All that I am sorry for is the killing. But surely there will be an opportunity to atone for that because for a sin of that sort that so many bear, certainly some just relief will be devised. I would like to talk with the Ingles about it but, being young, it is possible that he might not understand. He mentioned the killing before. Or was it I that mentioned it? He must have killed much, but he shows no signs of liking it. In those who like it there is always a rottenness.

It must really be a great sin, he thought. Because certainly it is the one thing we have no right to do even though, as I know, it is necessary. But in Spain it is done too lightly and often without true necessity and there is much quick injustice which, afterward, can never be repaired. I wish I did not think about it so much, he thought. I wish there were a penance for it that one could commence now because it is the only thing that I have done in all my life that makes me feel badly when I am alone. All the other things are forgiven or one had a chance to atone for them by kindness or in some decent way. But I think this of the killing must be a very great sin and I would like to fix it up. Later on there may be certain days that one can work for the state or something that one can do that will remove it. It will probably be something that one pays as in the days of the Church, he thought, and smiled. The Church was well organized for sin. That pleased him and he was smiling in the dark when Robert Jordan came up to him. He came silently and the old man did not see him until he was there.

"Hola, viejo," Robert Jordan whispered and clapped him on the back. "How's the old one?"

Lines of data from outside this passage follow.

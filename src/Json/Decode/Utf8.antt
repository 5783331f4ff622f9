-- ===== src/Json/Decode/Utf8.antt =====
-- `data.decode("utf-8")`: the strict decoder, which refuses overlong forms, surrogates and points
-- above U+10FFFF.
use aitp_verifier_py.Prelude.{
  ℕ, zero, suc, ◌+◌, ◌-◌, ◌*◌, Option, none, some, [], ◌∷◌, ltb, ◌==◌, if◌then◌else◌,
}
use aitp_verifier_py.Text.{Text, Bytes, in_range}

-- Between points, or with bytes of a point still missing: how many, its value so far, and the range
-- of the next byte.
pub data State : Type 0 where
  ready broken : State
  pending : ℕ → ℕ → ℕ → ℕ → State

lead : ℕ → State
lead b =
    if in_range 0xC2 0xDF b
    then pending 0 (b - 0xC0) 0x80 0xBF
    else if b == 0xE0
    then pending 1 0 0xA0 0xBF
    else if b == 0xED
    then pending 1 0xD 0x80 0x9F
    else if in_range 0xE1 0xEF b
    then pending 1 (b - 0xE0) 0x80 0xBF
    else if b == 0xF0
    then pending 2 0 0x90 0xBF
    else if b == 0xF4
    then pending 2 4 0x80 0x8F
    else if in_range 0xF1 0xF3 b
    then pending 2 (b - 0xF0) 0x80 0xBF
    else broken

-- The next state, and the point that the byte completes.
utf8_step : State → ℕ → State × Option ℕ
unfolding lead
utf8_step ready b = if ltb b 0x80 then (ready, some b) else (lead b, none)
utf8_step (pending zero acc lo hi) b =
    if in_range lo hi b then (ready, some (acc * 0x40 + (b - 0x80))) else (broken, none)
utf8_step (pending (suc n) acc lo hi) b =
    if in_range lo hi b
    then (pending n (acc * 0x40 + (b - 0x80)) 0x80 0xBF, none)
    else (broken, none)
utf8_step broken b = (broken, none)

emit : Option ℕ → Option Text → Option Text
emit p none = none
emit none (some t) = some t
emit (some c) (some t) = some (c ∷ t)

decode_from : State → Bytes → Option Text
unfolding utf8_step emit
decode_from ready [] = some []
decode_from s [] = none
decode_from s (b ∷ bs) = emit (utf8_step s b).1 (decode_from (utf8_step s b).0 bs)

unfoldable pub decode_utf8 : Bytes → Option Text
unfolding decode_from
decode_utf8 = decode_from ready
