-- ===== src/Json/Decode.antt =====
-- `jcs.loads`: Python's `json.loads` with the two hooks of aitp_verifier/jcs.py, as one pass over the
-- text with an explicit stack. Nesting is not limited here: where CPython runs out of stack, the one
-- caller, `jws.parse_compact`, treats the `RecursionError` as it treats every other failure.
mod Utf8
use mathlib.Core.List.{reverse}
use aitp_verifier_py.Prelude.{
  ℕ, zero, suc, ◌+◌, ◌-◌, ◌*◌, Bool, true, false, not, ◌&&◌, ◌||◌, Option, none, some, List, [],
  ◌∷◌, ltb, ◌==◌, if◌then◌else◌, all, leb, length,
}
use aitp_verifier_py.Prelude.Int.{ℤ, pos, negsuc}
use aitp_verifier_py.Text.{Text, Bytes, txt, in_range, mem_text}
use aitp_verifier_py.Json.{
  Value, null, bool, int, float, str, list, obj, Float, of_list, of_members,
}
use aitp_verifier_py.Outcome.{Result, ok, raised, jcs_error, value_error}
use Utf8.{decode_utf8}

-- An open container: what it has so far, newest first, and the name that waits for its value.
pub data Frame : Type 0 where
  in_list : List Value → Frame
  in_obj : List (Text × Value) → Frame
  at_name : Text → List (Text × Value) → Frame

-- What the next character may be.
pub data Mode : Type 0 where
  value value_or_close name name_or_close colon : Mode
  after : Value → Mode
  in_text in_escape : Bool → Text → Mode
  in_hex : Bool → Text → ℕ → ℕ → Mode
  in_number : Text → Mode
  in_word : Text → Value → Mode
  failed unreadable : Mode

is_space : ℕ → Bool
is_space c = c == 0x20 || c == 0x09 || c == 0x0A || c == 0x0D

is_digit : ℕ → Bool
is_digit c = in_range b'0' b'9' c

-- `_reject_duplicate_keys`
unfoldable pub has_duplicates : List (Text × Value) → Bool
unfolding mem_text
has_duplicates [] = false
has_duplicates ((k, v) ∷ m) = mem_text k (keys m) || has_duplicates m
  where
    keys : List (Text × Value) → List Text
    keys [] = []
    keys ((j, w) ∷ r) = j ∷ keys r

-- A `\u` escape: the second half of a surrogate pair joins the first.
add_point : ℕ → Text → Text
add_point c [] = c ∷ []
add_point c (d ∷ ds) =
    if in_range 0xDC00 0xDFFF c && in_range 0xD800 0xDBFF d
    then (0x10000 + (d - 0xD800) * 0x400 + (c - 0xDC00)) ∷ ds
    else c ∷ d ∷ ds

hex_digit : ℕ → Option ℕ
unfolding is_digit
hex_digit c =
    if is_digit c
    then some (c - b'0')
    else if in_range b'a' b'f' c
    then some (c - b'a' + 10)
    else if in_range b'A' b'F' c
    then some (c - b'A' + 10)
    else none

-- The number grammar: `-?(0|[1-9][0-9]*)(\.[0-9]+)?([eE][+-]?[0-9]+)?`, by its states.
pub data NumState : Type 0 where
  start minus zero_int int_digits dot frac_digits exp exp_sign exp_digits bad : NumState

num_step : NumState → ℕ → NumState
unfolding is_digit
num_step start c =
    if c == b'-'
    then minus
    else if c == b'0'
    then zero_int
    else if is_digit c
    then int_digits
    else bad
num_step minus c = if c == b'0' then zero_int else if is_digit c then int_digits else bad
num_step zero_int c = if c == b'.' then dot else if c == b'e' || c == b'E' then exp else bad
num_step int_digits c =
    if is_digit c
    then int_digits
    else if c == b'.'
    then dot
    else if c == b'e' || c == b'E'
    then exp
    else bad
num_step dot c = if is_digit c then frac_digits else bad
num_step frac_digits c =
    if is_digit c then frac_digits else if c == b'e' || c == b'E' then exp else bad
num_step exp c = if is_digit c then exp_digits else if c == b'+' || c == b'-' then exp_sign else bad
num_step exp_sign c = if is_digit c then exp_digits else bad
num_step exp_digits c = if is_digit c then exp_digits else bad
num_step bad c = bad

num_state : NumState → Text → NumState
unfolding num_step
num_state q [] = q
num_state q (c ∷ cs) = num_state (num_step q c) cs

decimal : ℕ → Text → ℕ
decimal acc [] = acc
decimal acc (c ∷ cs) = decimal (acc * 10 + (c - b'0')) cs

negative : ℕ → ℤ
negative zero = pos 0
negative (suc n) = negsuc n

int_text : Text → ℤ
unfolding decimal negative
int_text [] = pos 0
int_text (c ∷ cs) = if c == b'-' then negative (decimal 0 cs) else pos (decimal 0 (c ∷ cs))

-- CPython's default limit on the digits of an integer that is read.
few_digits : Text → Bool
few_digits [] = true
few_digits (c ∷ cs) = if c == b'-' then leb (length cs) 4300 else leb (length (c ∷ cs)) 4300

-- A number, or what reading it raises. (Of an integer over the limit that is also malformed at its end,
-- such as a point without digits after it, the error is taken to be the malformed text's.)
number : (Text → Float) → Text → Result Value
unfolding num_state int_text few_digits
number to_float t = elim (num_state start t) [
  | zero_int ↦ ok (int (int_text t))
  | int_digits ↦ if few_digits t then ok (int (int_text t)) else raised value_error
  | frac_digits ↦ ok (float (to_float t))
  | exp_digits ↦ ok (float (to_float t))
  | _ ↦ raised jcs_error
]

abbrev Machine : Type 0
Machine = Mode × List Frame

-- A value may begin with this character. `NaN` and `Infinity` are what `_reject_constant` refuses.
begin_value : ℕ → List Frame → Machine
unfolding is_digit txt
begin_value c fs =
    if c == b'"'
    then (in_text false [], fs)
    else if c == b'['
    then (value_or_close, in_list [] ∷ fs)
    else if c == b'{'
    then (name_or_close, in_obj [] ∷ fs)
    else if c == b't'
    then (in_word (txt "rue") (bool true), fs)
    else if c == b'f'
    then (in_word (txt "alse") (bool false), fs)
    else if c == b'n'
    then (in_word (txt "ull") null, fs)
    else if c == b'-' || is_digit c
    then (in_number (c ∷ []), fs)
    else (failed, fs)

-- A member's value is complete: its container takes it.
end_value : Value → ℕ → List Frame → Machine
unfolding is_space has_duplicates
end_value v c [] = if is_space c then (after v, []) else (failed, [])
end_value v c (in_list vs ∷ fs) =
    if is_space c
    then (after v, in_list vs ∷ fs)
    else if c == b','
    then (value, in_list (v ∷ vs) ∷ fs)
    else if c == b']'
    then (after (list (of_list (reverse (v ∷ vs)))), fs)
    else (failed, fs)
end_value v c (in_obj m ∷ fs) = (failed, fs)
end_value v c (at_name k m ∷ fs) =
    if is_space c
    then (after v, at_name k m ∷ fs)
    else if c == b','
    then (name, in_obj ((k, v) ∷ m) ∷ fs)
    else if c == b'}'
    then (let all = (k, v) ∷ m in
        if has_duplicates all then (failed, fs) else (after (obj (of_members (reverse all))), fs))
    else (failed, fs)

end_number : Result Value → ℕ → List Frame → Machine
unfolding end_value
end_number (ok v) c fs = end_value v c fs
end_number (raised value_error) c fs = (unreadable, fs)
end_number r c fs = (failed, fs)

end_text : Bool → Text → List Frame → Machine
end_text true t (in_obj m ∷ fs) = (colon, at_name (reverse t) m ∷ fs)
end_text true t fs = (failed, fs)
end_text false t fs = (after (str (reverse t)), fs)

escape : ℕ → Option ℕ
escape c =
    if c == b'"' || c == 0x5C || c == b'/'
    then some c
    else if c == b'b'
    then some 0x08
    else if c == b'f'
    then some 0x0C
    else if c == b'n'
    then some 0x0A
    else if c == b'r'
    then some 0x0D
    else if c == b't'
    then some 0x09
    else none

module _ (to_float : Text → Float) where
  step : Machine → ℕ → Machine
  unfolding begin_value end_value end_number end_text escape hex_digit add_point number is_space
  step (value, fs) c = if is_space c then (value, fs) else begin_value c fs
  step (value_or_close, fs) c =
      if is_space c
      then (value_or_close, fs)
      else if c == b']'
      then close_list fs
      else begin_value c fs
    where
      close_list : List Frame → Machine
      close_list (in_list [] ∷ gs) = (after (list (of_list [])), gs)
      close_list gs = (failed, gs)
  step (name, fs) c =
      if is_space c then (name, fs) else if c == b'"' then (in_text true [], fs) else (failed, fs)
  step (name_or_close, fs) c =
      if is_space c
      then (name_or_close, fs)
      else if c == b'"'
      then (in_text true [], fs)
      else if c == b'}'
      then close_obj fs
      else (failed, fs)
    where
      close_obj : List Frame → Machine
      close_obj (in_obj [] ∷ gs) = (after (obj (of_members [])), gs)
      close_obj gs = (failed, gs)
  step (colon, fs) c =
      if is_space c then (colon, fs) else if c == b':' then (value, fs) else (failed, fs)
  step (after v, fs) c = end_value v c fs
  step (in_text is_name t, fs) c =
      if c == b'"'
      then end_text is_name t fs
      else if c == 0x5C
      then (in_escape is_name t, fs)
      else if ltb c 0x20
      then (failed, fs)
      else (in_text is_name (c ∷ t), fs)
  step (in_escape is_name t, fs) c =
      if c == b'u'
      then (in_hex is_name t 0 4, fs)
      else elim (escape c) [ none ↦ (failed, fs) | some d ↦ (in_text is_name (d ∷ t), fs) ]
  step (in_hex is_name t n left, fs) c = elim (hex_digit c) [
    | none ↦ (failed, fs)
    | some d ↦
        if left == 1
        then (in_text is_name (add_point (n * 16 + d) t), fs)
        else (in_hex is_name t (n * 16 + d) (left - 1), fs)
  ]
  step (in_number t, fs) c =
      if is_digit_or_mark c
      then (in_number (c ∷ t), fs)
      else end_number (number to_float (reverse t)) c fs
    where
      is_digit_or_mark : ℕ → Bool
      is_digit_or_mark d =
          in_range b'0' b'9' d || d == b'+' || d == b'-' || d == b'.' || d == b'e' || d == b'E'
  step (in_word [] v, fs) c = end_value v c fs
  step (in_word (w ∷ ws) v, fs) c = if c == w then (in_word ws v, fs) else (failed, fs)
  step (failed, fs) c = (failed, fs)
  step (unreadable, fs) c = (unreadable, fs)

  run : Machine → Text → Machine
  unfolding step
  run m [] = m
  run m (c ∷ cs) = run (step m c) cs

  -- The document ends in a number: it is read, and then no container is open.
  last_number : List Frame → Result Value → Result Value
  last_number [] r = r
  last_number (f ∷ fs) (raised value_error) = raised value_error
  last_number (f ∷ fs) r = raised jcs_error

  -- The document ends where no container is open.
  finish : Machine → Result Value
  unfolding number last_number
  finish (after v, []) = ok v
  finish (in_word [] v, []) = ok v
  finish (in_number t, fs) = last_number fs (number to_float (reverse t))
  finish (unreadable, fs) = raised value_error
  finish m = raised jcs_error

  unfoldable pub loads_text : Text → Result Value
  unfolding run finish
  loads_text t = finish (run (value, []) t)

  -- `loads` on `bytes`.
  unfoldable pub loads : Bytes → Result Value
  unfolding decode_utf8 loads_text
  loads b = elim (decode_utf8 b) [ none ↦ raised jcs_error | some t ↦ loads_text t ]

"Very cold," Anselmo said. Fernando was standing a little apart, his back turned against the driving snow.

"Come on," Robert Jordan whispered. "Get on up to camp and get warm. It was a crime to leave you here so long."

"That is their light," Anselmo pointed.

"Where's the sentry?"

"You do not see him from here. He is around the bend."

"The hell with them," Robert Jordan said. "You tell me at camp. Come on, let's go."

"Let me show you," Anselmo said.

"I'm going to look at it in the morning," Robert Jordan said. "Here, take a swallow of this."

He handed the old man his flask. Anselmo tipped it up and swallowed.

"Ayee," he said and rubbed his mouth. "It is fire."

"Come on," Robert Jordan said in the dark. "Let us go."

It was so dark now you could only see the flakes blowing past and the rigid dark of the pine trunks. Fernando was standing a little way up the hill. Look at that cigar store Indian, Robert Jordan thought. I suppose I have to offer him a drink.

"Hey, Fernando," he said as he came up to him. "A swallow?"

"No," said Fernando. "Thank you."

Thank you, I mean, Robert Jordan thought. I'm glad cigar store Indians don't drink. There isn't too much of that left. Boy, I'm glad to see this old man, Robert Jordan thought. He looked at Anselmo and then clapped him on the back again as they started up the hill.

"I'm glad to see you, viejo," he said to Anselmo. "If I ever get gloomy, when I see you it cheers me up. Come on, let's get up there."

They were going up the hill in the snow.

"Back to the palace of Pablo," Robert Jordan said to Anselmo. It sounded wonderful in Spanish.

"El Palacio del Miedo," Anselmo said. "The Palace of Fear."

"La cueva de los huevos perdidos," Robert Jordan capped the other happily. "The cave of the lost eggs."

"What eggs?" Fernando asked.

"A joke," Robert Jordan said. "Just a joke. Not eggs, you know. The others."